I am trying to verify if it is possible to add a pipeline to re-label the entities and evaluate the final entity results with prodigy.
For example, I want to re-label GOE_Other and Facility_Other to Org and evaluate them with prodigy.
Question1. The following steps do not recognize the relabeled entities on the prodigy side.
Please let me check if my technical approach is correct.
Question2.If I want to evaluate the final relabeled labels in prodigy, which recipe should I use?

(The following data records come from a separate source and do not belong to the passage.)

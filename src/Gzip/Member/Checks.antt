-- ===== src/Gzip/Member/Checks.antt =====
-- What GzipDecompress of src/zdex/src/Gzip.cpp does with any input: it returns, and it returns
-- bytes only if they pass the tests of the trailer.
use zircon_dumper.Prelude.{
  ℕ, ◌+◌, ◌-◌, ◌≡◌, ◌≢◌, refl, Bool, true, false, not, Option, none, some, ltb, ◌==◌, if◌then◌else◌,
  get_or, take, drop, length, arith, Bool-cases, inl, inr,
}
use zircon_dumper.Prelude.Preds.{Bytes, IsByte, All, All-take, All-drop}
use zircon_dumper.Gzip.Crc.{crc32}
use zircon_dumper.Gzip.Blocks.{Inflated, inflated, invalid, unfinished, inflate}
use zircon_dumper.Gzip.Blocks.Total.{inflate-ne-unfinished}
use zircon_dumper.Gzip.Member.{
  looks_gzipped, Gunzipped, gunzipped, rejected, endless, skip_extra, skip_names, u32_at,
  check_trailer, gunzip_from, gzip_decompress,
}

-- A result, where it is bytes, has the length and the checksum of the trailer.
abbrev pub Checked : Bytes → Gunzipped → Type 0
Checked input (gunzipped out) =
    (length out ≡ u32_at input (length input - 8 + 4))
    × (crc32 out 0 ≡ u32_at input (length input - 8))
Checked input (rejected e) = Unit
Checked input endless = ⊥

if-Checked :
    (input : Bytes) (b : Bool) (p q : Gunzipped)
    → Checked input p
    → Checked input q
    → Checked input (if b then p else q)
if-Checked input true p q first second = first
if-Checked input false p q first second = second

check_trailer-Checked :
    (input : Bytes) (result : Inflated)
    → result ≢ unfinished
    → Checked input (check_trailer input (length input - 8) result)
unfolding check_trailer
check_trailer-Checked input (invalid e) ends = tt
check_trailer-Checked input unfinished ends = absurd (ends refl)
check_trailer-Checked input (inflated out) ends =
    elim (Bool-cases (length out == u32_at input (length input - 8 + 4))) [
      | inl size ↦ elim (Bool-cases (crc32 out 0 == u32_at input (length input - 8))) [
        | inl sum ↦ rw (size, sum) (ground arith, ground arith)
        | inr other ↦ rw (size, other) tt
      ]
      | inr other ↦ rw other tt
    ]

gunzip_from-Checked :
    (input : Bytes) (start : Option ℕ) → All IsByte input → Checked input (gunzip_from input start)
unfolding gunzip_from
gunzip_from-Checked input none all = tt
gunzip_from-Checked input (some start) all =
    let at = skip_names input (get_or input 3 0) start in
    let stream = take (length input - 8 - at) (drop at input) in
    if-Checked input (ltb (length input) (at + 8)) _ _ tt (
      check_trailer-Checked input (inflate stream) (
        inflate-ne-unfinished stream
          (All-take IsByte (length input - 8 - at) (drop at input) (All-drop IsByte at input all))))

-- GzipDecompress returns on every input of bytes. Where it returns bytes, their number and their
-- checksum are those of the last eight bytes of the input; otherwise it returns an error.
pub gzip_decompress-Checked :
    (input : Bytes) → All IsByte input → Checked input (gzip_decompress input)
unfolding gzip_decompress
gzip_decompress-Checked input all = if-Checked input (not (looks_gzipped input)) _ _ tt (
    if-Checked input (ltb (length input) 18) _ _ tt (
      if-Checked input (not (get_or input 2 0 == 8)) _ _ tt
        (gunzip_from-Checked input (skip_extra input (get_or input 3 0) 10) all)))
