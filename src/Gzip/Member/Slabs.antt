-- ===== src/Gzip/Member/Slabs.antt =====
-- The loop of GzipCompress of src/zdex/src/Gzip.cpp over the slabs of its input.
use zircon_dumper.Prelude.{
  ℕ, zero, suc, ◌<◌, ◌≡◌, refl, sym, ◌∙◌, true, false, List, ◌++◌, append_assoc, leb, ◌==◌, get_or,
  take, drop, take_all, take-append-drop, length, length-drop, arith, Bool-cases, inl, inr,
}
use zircon_dumper.Prelude.Preds.{Bytes, IsByte, All, All-take, All-drop}
use zircon_dumper.Gzip.Bits.{Writer}
use zircon_dumper.Gzip.Bits.Stream.{written, IsWriter}
use zircon_dumper.Gzip.Deflate.{deflate_block}
use zircon_dumper.Gzip.Deflate.Tokens.{deflate_block-tokens}
use zircon_dumper.Gzip.Blocks.Trip.{Stream, last_one, one_more}
use zircon_dumper.Gzip.Member.{compress_loop}

-- The slabs of an input, of any positive size, become a stream of blocks that stands for it.
pub compress_loop-Stream :
    (f slab past : ℕ) (w : Writer) (input : Bytes)
    → 0 < slab
    → length input < f
    → IsWriter w
    → All IsByte input
    → (ds : List ℕ) × IsWriter (compress_loop f slab past w input)
      × (written (compress_loop f slab past w input) ≡ written w ++ ds)
      × Stream ds input
unfolding compress_loop
compress_loop-Stream zero slab past w input pos enough ok all = absurd (omega arith)
compress_loop-Stream (suc f) slab past w input pos enough ok all =
    let rest = drop slab input in
    let head = take slab input in
    let next = get_or rest 0 past in
    let left = length-drop slab input in
    elim (Bool-cases (length rest == 0)) [
      | inl done ↦
          let last : leb (length input) slab ≡ true = ground arith in
          let (tokens, ok', wrote, valid, stands, few) =
            deflate_block-tokens next head w true ok (All-take IsByte slab input all) in
          let whole = take_all input slab (ground arith) in
          rw (done, last) (_, ok', wrote, last_one tokens valid refl (sym (stands ∙ whole)))
      | inr more ↦
          let mid : leb (length input) slab ≡ false = ground arith in
          let (tokens, ok', wrote, valid, stands, few) =
            deflate_block-tokens next head w false ok (All-take IsByte slab input all) in
          let (ds, ok'', wrote', stream) =
            compress_loop-Stream f slab past (deflate_block next head w false) rest pos
              (ground arith) ok' (All-drop IsByte slab input all) in
          rw (more, mid)
            (
              _,
              ok'',
              wrote' ∙ rw wrote (append_assoc (written w) _ ds),
              one_more tokens stream valid refl (sym (rw stands (take-append-drop slab input))),
            )
    ]
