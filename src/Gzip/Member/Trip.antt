-- ===== src/Gzip/Member/Trip.antt =====
-- GzipCompress and GzipDecompress of src/zdex/src/Gzip.cpp together.
use Prim.Native.Nat.{bit_or}
use zircon_dumper.Prelude.{
  ℕ, suc, ◌+◌, ◌-◌, ◌*◌, ◌/◌, ◌%◌, ◌^◌, ◌≤◌, ◌≡◌, refl, sym, ap, ◌∙◌, true, false, List, [], ◌∷◌,
  ◌++◌, append_assoc, append-nil, ltb, ◌==◌, if◌then◌else◌, get_or, get_or-append, take-append,
  length, length-append, arith, Bool-cases, inl, inr,
}
use zircon_dumper.Prelude.Preds.{Bytes, IsByte, All}
use zircon_dumper.Gzip.Bits.{new_writer, new_reader, align_writer}
use zircon_dumper.Gzip.Bits.Stream.{bits, byte_bits, written, IsWriter, bit_or-shifted}
use zircon_dumper.Gzip.Bits.Fill.{pending, IsReader, length-bits}
use zircon_dumper.Gzip.Bits.Count.{length-pending}
use zircon_dumper.Gzip.Bits.Trip.{align-written, bits_cancel}
use zircon_dumper.Gzip.Crc.{crc32}
use zircon_dumper.Gzip.Crc.Bounds.{crc32_lt}
use zircon_dumper.Gzip.Blocks.{inflated, inflate}
use zircon_dumper.Gzip.Blocks.Trip.{Stream, inflate_loop-Stream}
use zircon_dumper.Gzip.Member.{
  put_u32, gzip_header, k_slab, compress_loop, gzip_compress, looks_gzipped, gunzipped, rejected,
  wrong_size, skip_extra, skip_names, u32_at, check_trailer, gunzip_from, gzip_decompress,
}
use zircon_dumper.Gzip.Member.Slabs.{compress_loop-Stream}

-- The four bytes that PutU32LE wrote, with anything before and behind them.
u32_at-put_u32 : (p q : Bytes) (v : ℕ) → u32_at (p ++ (put_u32 v ++ q)) (length p) ≡ v % 2 ^ 32
unfolding put_u32
u32_at-put_u32 p q v =
    let xs = put_u32 v ++ q in
    let z : length p ≡ length p + 0 = omega arith in
    let first : get_or (p ++ xs) (length p) 0 ≡ v % 256 =
      ap (λ (i : ℕ). get_or (p ++ xs) i 0) z ∙ get_or-append p xs 0 0 in
    let one : bit_or (v % 256) (v / 2 ^ 8 % 256 * 2 ^ 8) ≡ v % 256 + v / 2 ^ 8 % 256 * 2 ^ 8 =
      bit_or-shifted 8 (v % 256) (v / 2 ^ 8 % 256) (omega arith) in
    let two =
      bit_or-shifted 16 (v % 256 + v / 2 ^ 8 % 256 * 2 ^ 8) (v / 2 ^ 16 % 256) (omega arith) in
    let three =
      bit_or-shifted 24 (v % 256 + v / 2 ^ 8 % 256 * 2 ^ 8 + v / 2 ^ 16 % 256 * 2 ^ 16)
        (v / 2 ^ 24 % 256) (omega arith) in
    rw
      (
        first,
        get_or-append p xs 1 0,
        get_or-append p xs 2 0,
        get_or-append p xs 3 0,
        one,
        two,
        three,
      )
      (omega arith)

-- Bytes whose digits begin with those of others begin with these.
byte_bits_prefix :
    (hs xs : Bytes) (ds : List ℕ)
    → All IsByte hs
    → All IsByte xs
    → byte_bits xs ≡ byte_bits hs ++ ds
    → (ys : Bytes) × (xs ≡ hs ++ ys) × All IsByte ys × (byte_bits ys ≡ ds)
unfolding byte_bits
byte_bits_prefix [] xs ds hh hx e = (xs, refl, hx, e)
byte_bits_prefix (h ∷ hs) [] ds hh hx e =
    let sizes = ap length e ∙ length-append (bits 8 h ++ byte_bits hs) ds in
    absurd (omega (arith, length-append (bits 8 h) (byte_bits hs), length-bits 8 h))
byte_bits_prefix (h ∷ hs) (x ∷ xs) ds hh hx e =
    let (same, e') =
      bits_cancel 8 x h (byte_bits xs) (byte_bits hs ++ ds) hx.0 hh.0
        (e ∙ append_assoc (bits 8 h) (byte_bits hs) ds) in
    let (ys, split, hy, left) = byte_bits_prefix hs xs ds hh.1 hx.1 e' in
    (ys, rw (same, split) refl, hy, left)

-- Inflate over bytes that begin with the digits of a stream.
inflate-Stream :
    {ds : List ℕ} {bytes : Bytes} (ys : Bytes) (pad : List ℕ)
    → Stream ds bytes
    → All IsByte ys
    → byte_bits ys ≡ ds ++ pad
    → inflate ys ≡ inflated bytes
unfolding inflate
inflate-Stream {ds} ys pad stream hy e =
    let r = new_reader ys in
    let ok : IsReader r = record { held_lt = omega arith; value_lt = omega arith; bytes = hy } in
    let there : pending r ≡ ds ++ pad = unfold pending bits in e in
    let size = ap length there ∙ length-append ds pad in
    let count : length ds ≤ 8 * length ys = let all = length-pending r in omega arith in
    inflate_loop-Stream (suc (8 * length ys)) (suc (8 * length ys)) r [] pad stream (omega arith)
      (omega arith) ok there

-- GzipDecompress over the header that GzipHeader writes, a stream and eight bytes.
gunzip-member :
    (ys trailer : Bytes)
    → length trailer ≡ 8
    → gzip_decompress (gzip_header ++ (ys ++ trailer))
      ≡ check_trailer (gzip_header ++ (ys ++ trailer)) (10 + length ys) (inflate ys)
unfolding gzip_decompress gunzip_from looks_gzipped skip_extra skip_names gzip_header
gunzip-member ys trailer eight =
    let size = length-append ys trailer in
    let whole = gzip_header ++ (ys ++ trailer) in
    let looks : looks_gzipped whole ≡ true = ground arith in
    let long : ltb (length whole) 18 ≡ false = ground arith in
    let end : length whole - 8 ≡ 10 + length ys = omega arith in
    let cut : 10 + length ys - 10 ≡ length ys = omega arith in
    rw (looks, long, end, cut, take-append ys trailer) refl

header_bytes : All IsByte gzip_header
unfolding gzip_header
header_bytes = omega arith

-- What GzipCompress returns: the header, a stream for the input, and the trailer.
gzip_compress_lem :
    (past : ℕ) (input : Bytes)
    → All IsByte input
    → (ys : Bytes) × (gzip_compress past input
        ≡ gzip_header ++ (ys ++ (put_u32 (crc32 input 0) ++ put_u32 (length input % 2 ^ 32))))
      × (inflate ys ≡ inflated input)
unfolding gzip_compress
gzip_compress_lem past input all =
    let trailer = put_u32 (crc32 input 0) ++ put_u32 (length input % 2 ^ 32) in
    let start : IsWriter (new_writer gzip_header) = record {
      held_lt = omega arith;
      acc_lt = omega arith;
      bytes = header_bytes;
    } in
    let (ds, ok, wrote, stream) =
      compress_loop-Stream (suc (length input)) k_slab past (new_writer gzip_header) input
        (unfold k_slab in omega arith) (omega arith) start all in
    let w = compress_loop (suc (length input)) k_slab past (new_writer gzip_header) input in
    let (out_bytes, pad, padded) = align-written w ok in
    let empty : written (new_writer gzip_header) ≡ byte_bits gzip_header =
      unfold written bits in append-nil (byte_bits gzip_header) in
    let apart : byte_bits (align_writer w).out ≡ byte_bits gzip_header ++ (ds ++ pad) =
      padded ∙ rw (wrote, empty) (append_assoc (byte_bits gzip_header) ds pad) in
    let (ys, split, hy, left) =
      byte_bits_prefix gzip_header (align_writer w).out (ds ++ pad) header_bytes out_bytes apart in
    (ys, rw split (append_assoc gzip_header ys trailer), inflate-Stream ys pad stream hy left)

-- The trailer that GzipCompress writes, read again.
check_trailer-put_u32 :
    (ys input : Bytes)
    → check_trailer
        (gzip_header ++ (ys ++ (put_u32 (crc32 input 0) ++ put_u32 (length input % 2 ^ 32))))
        (10 + length ys)
        (inflated input)
      ≡ (if ltb (length input) (2 ^ 32) then gunzipped input else rejected wrong_size)
unfolding check_trailer
check_trailer-put_u32 ys input =
    let crc = crc32 input 0 in
    let size = length input % 2 ^ 32 in
    let trailer = put_u32 crc ++ put_u32 size in
    let front = gzip_header ++ ys in
    let measured : length front ≡ 10 + length ys = unfold gzip_header in omega arith in
    let measured' : length (front ++ put_u32 crc) ≡ 10 + length ys + 4 =
      length-append front (put_u32 crc) ∙ (unfold put_u32 in omega (arith, measured)) in
    let apart : gzip_header ++ (ys ++ trailer) ≡ front ++ trailer =
      sym (append_assoc gzip_header ys trailer) in
    let apart' : front ++ trailer ≡ (front ++ put_u32 crc) ++ (put_u32 size ++ []) =
      rw append-nil (sym (append_assoc front (put_u32 crc) (put_u32 size))) in
    let small = crc32_lt input 0 (omega arith) in
    let crc_read : u32_at (gzip_header ++ (ys ++ trailer)) (10 + length ys) ≡ crc =
      ap (λ (i : ℕ). u32_at (gzip_header ++ (ys ++ trailer)) i) (sym measured)
      ∙ ap (λ (b : Bytes). u32_at b (length front)) apart
      ∙ u32_at-put_u32 front (put_u32 size) crc
      ∙ omega arith in
    let size_read : u32_at (gzip_header ++ (ys ++ trailer)) (10 + length ys + 4) ≡ size =
      ap (λ (i : ℕ). u32_at (gzip_header ++ (ys ++ trailer)) i) (sym measured')
      ∙ ap (λ (b : Bytes). u32_at b (length (front ++ put_u32 crc))) (apart ∙ apart')
      ∙ u32_at-put_u32 (front ++ put_u32 crc) [] size
      ∙ omega arith in
    let same_crc : (crc == crc) ≡ true = ground arith in
    elim (Bool-cases (ltb (length input) (2 ^ 32))) [
      | inl below ↦
          let same_size : (length input == size) ≡ true = ground arith in
          rw (size_read, crc_read, same_size, same_crc, below) refl
      | inr above ↦
          let other_size : (length input == size) ≡ false = ground arith in
          rw (size_read, other_size, above) refl
    ]

-- Whatever stands behind it in memory, an input of less than 2 ^ 32 bytes that GzipCompress has
-- packed is returned by GzipDecompress, and a longer one is refused for its size.
pub decompress-compress :
    (past : ℕ) (input : Bytes)
    → All IsByte input
    → gzip_decompress (gzip_compress past input)
      ≡ (if ltb (length input) (2 ^ 32) then gunzipped input else rejected wrong_size)
decompress-compress past input all =
    let (ys, packed, plain) = gzip_compress_lem past input all in
    let crc = crc32 input 0 in
    let size = length input % 2 ^ 32 in
    let trailer = put_u32 crc ++ put_u32 size in
    let whole = gzip_header ++ (ys ++ trailer) in
    let read = gunzip-member ys trailer (unfold put_u32 in refl) in
    rw (packed, read, plain) (check_trailer-put_u32 ys input)
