-- ===== src/Gzip/Member/Tests.antt =====
-- Concrete runs of the members and blocks of src/zdex/src/Gzip.cpp.
use zircon_dumper.Prelude.{◌^◌, ◌≡◌, ◌≢◌, arith, [], ◌∷◌, ltb, if◌then◌else◌, length}
use zircon_dumper.Prelude.Preds.{Bytes, IsByte, All}
use zircon_dumper.Gzip.Bits.{Reader}
use zircon_dumper.Gzip.Bits.Fill.{IsReader}
use zircon_dumper.Gzip.Blocks.{unfinished, inflate}
use zircon_dumper.Gzip.Blocks.Total.{inflate-ne-unfinished}
use zircon_dumper.Gzip.Member.{gunzipped, rejected, wrong_size, gzip_compress, gzip_decompress}
use zircon_dumper.Gzip.Member.Checks.{Checked, gzip_decompress-Checked}
use zircon_dumper.Gzip.Member.Trip.{decompress-compress}

abbrev three_bytes : Bytes
three_bytes = b'z' ∷ b'z' ∷ b'x' ∷ []

three_bytes-IsByte : All IsByte three_bytes
three_bytes-IsByte = (omega arith, (omega arith, (omega arith, tt)))

decompress-compress_example :
    gzip_decompress (gzip_compress 0 three_bytes)
    ≡ (if ltb (length three_bytes) (2 ^ 32) then gunzipped three_bytes else rejected wrong_size)
decompress-compress_example = decompress-compress 0 three_bytes three_bytes-IsByte

-- An empty member.
abbrev empty_member : Bytes
empty_member =
    31 ∷ 139 ∷ 8 ∷ 0 ∷ 0 ∷ 0 ∷ 0 ∷ 0 ∷ 0 ∷ 255 ∷ 3 ∷ 0 ∷ 0 ∷ 0 ∷ 0 ∷ 0 ∷ 0 ∷ 0 ∷ 0 ∷ 0 ∷ []

empty_member-IsByte : All IsByte empty_member
empty_member-IsByte = (
  omega arith,
  (
    omega arith,
    (
      omega arith,
      (
        omega arith,
        (
          omega arith,
          (
            omega arith,
            (
              omega arith,
              (
                omega arith,
                (
                  omega arith,
                  (
                    omega arith,
                    (
                      omega arith,
                      (
                        omega arith,
                        (
                          omega arith,
                          (
                            omega arith,
                            (
                              omega arith,
                              (
                                omega arith,
                                (omega arith, (omega arith, (omega arith, (omega arith, tt)))),
                              ),
                            ),
                          ),
                        ),
                      ),
                    ),
                  ),
                ),
              ),
            ),
          ),
        ),
      ),
    ),
  ),
)

gzip_decompress-Checked_example : Checked empty_member (gzip_decompress empty_member)
gzip_decompress-Checked_example = gzip_decompress-Checked empty_member empty_member-IsByte

inflate-ne-unfinished_example : inflate three_bytes ≢ unfinished
inflate-ne-unfinished_example = inflate-ne-unfinished three_bytes three_bytes-IsByte

abbrev on_three : Reader
on_three = record { input = three_bytes; at = 0; value = 0; held = 0 }

on_three-IsReader : IsReader on_three
on_three-IsReader = record {
  held_lt = omega arith;
  value_lt = omega arith;
  bytes = three_bytes-IsByte;
}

The procedure is as follows
- Add a pipeline to re-label with Spacy (Google Colab)
setup.py
from setuptools import setup
setup(
name="extend_module",
entry_points={
"spacy_factories": ["relabeling = extend_module:relabeling",
"relabeling_factory = extend_module:RelabelongFactory"
],
}
)
extend_module.py
def delete_old_entities(doc, new_ents):
doc_ents = []
for doc_ent in doc.ents:
# print("doc_ent.text:",doc_ent.text)
is_exist = False
for ent in new_ents:
if doc_ent.start_char == ent.start_char:
is_exist = True
if is_exist is True:
continue
else:
doc_ents.append(doc_ent)
return doc_ents
def relabeling(nlp, doc):
new_ents = []
for ent in doc.ents:
lif (ent.label_ in ["GOE_Other","Facility_Other"]):
ent.label_ = "Org"
new_ent = Span(doc, ent.start, ent.end, label=nlp.vocab.strings['Org'])
new_ents.append(new_ent)
else:
ent.label_ = " "
new_ents.append(ent)
doc_ents = delete_old_entities(doc, new_ents)
filtered = filter_spans(doc_ents + new_ents ) # THIS DOES THE TRICK
doc.ents = filtered
return doc
@Language.factory("relabeling")
class RelabelongFactory:
def __init__(self, nlp: Language, name: str):
self.nlp = nlp
def __call__(self, doc: Doc) -> Doc:
doc = relabeling(self.nlp, doc)
return doc
config.cfg
[nlp]
lang = "ja"
pipeline = ["relabeling"]
[components]
[components.relabeling]
factory = "relabeling"
- Run the setup module (Google Colab)
!python setup.py develop
- Add labels and pipeline (Google Colab)
def add_labels(nlp):
nlp.vocab.strings.add('Org')
return nlp
def add_piplines_other(nlp):
add_piplines_list = ["relabeling"]
print("nlp.pipe_names:", nlp.pipe_names)
for pipline in add_piplines_list:
if pipline in nlp.pipe_names:
nlp.remove_pipe(pipline)
nlp.add_pipe(pipline)
return nlp
- Check the behavior of the added pipeline (Google Colab)
Check the output of relabeling Org in displacy.
import spacy
nlp1 = spacy.load("ja_ginza_electra")
nlp1 = add_labels(nlp1)
nlp1 = add_piplines_other(nlp1)
text = "XXXXXXXXXXXXXXXXX"
doc = nlp1(text)
spacy.displacy.render(doc, jupyter=True, style="ent")
- Generate pip module (Google Colab)
nlp1.to_disk("output/serialize")
!python -m spacy package --force output/serialize output/pip
- ftp the following files to the prodigy trial VM environment
setup.py
extend_module.py
config.cfg
ja_ginza_electra-5.0.0.tar.gz
- Install ja_ginza_electra-5.0.0.tar.gz in prodigy trial version VM environment
pip install ja_ginza_electra-5.0.0.tar.gz
- Run setup.py in prodigy trial VM environment
python setup.py develop
- Run prodigy startup command
prodigy ner.correct example_dataset ja_ginza_electra news_headlines.jsonl --label Org
- I can't check the Org labeling on the prodigy screen.
Thank you very much for your time and help with the above.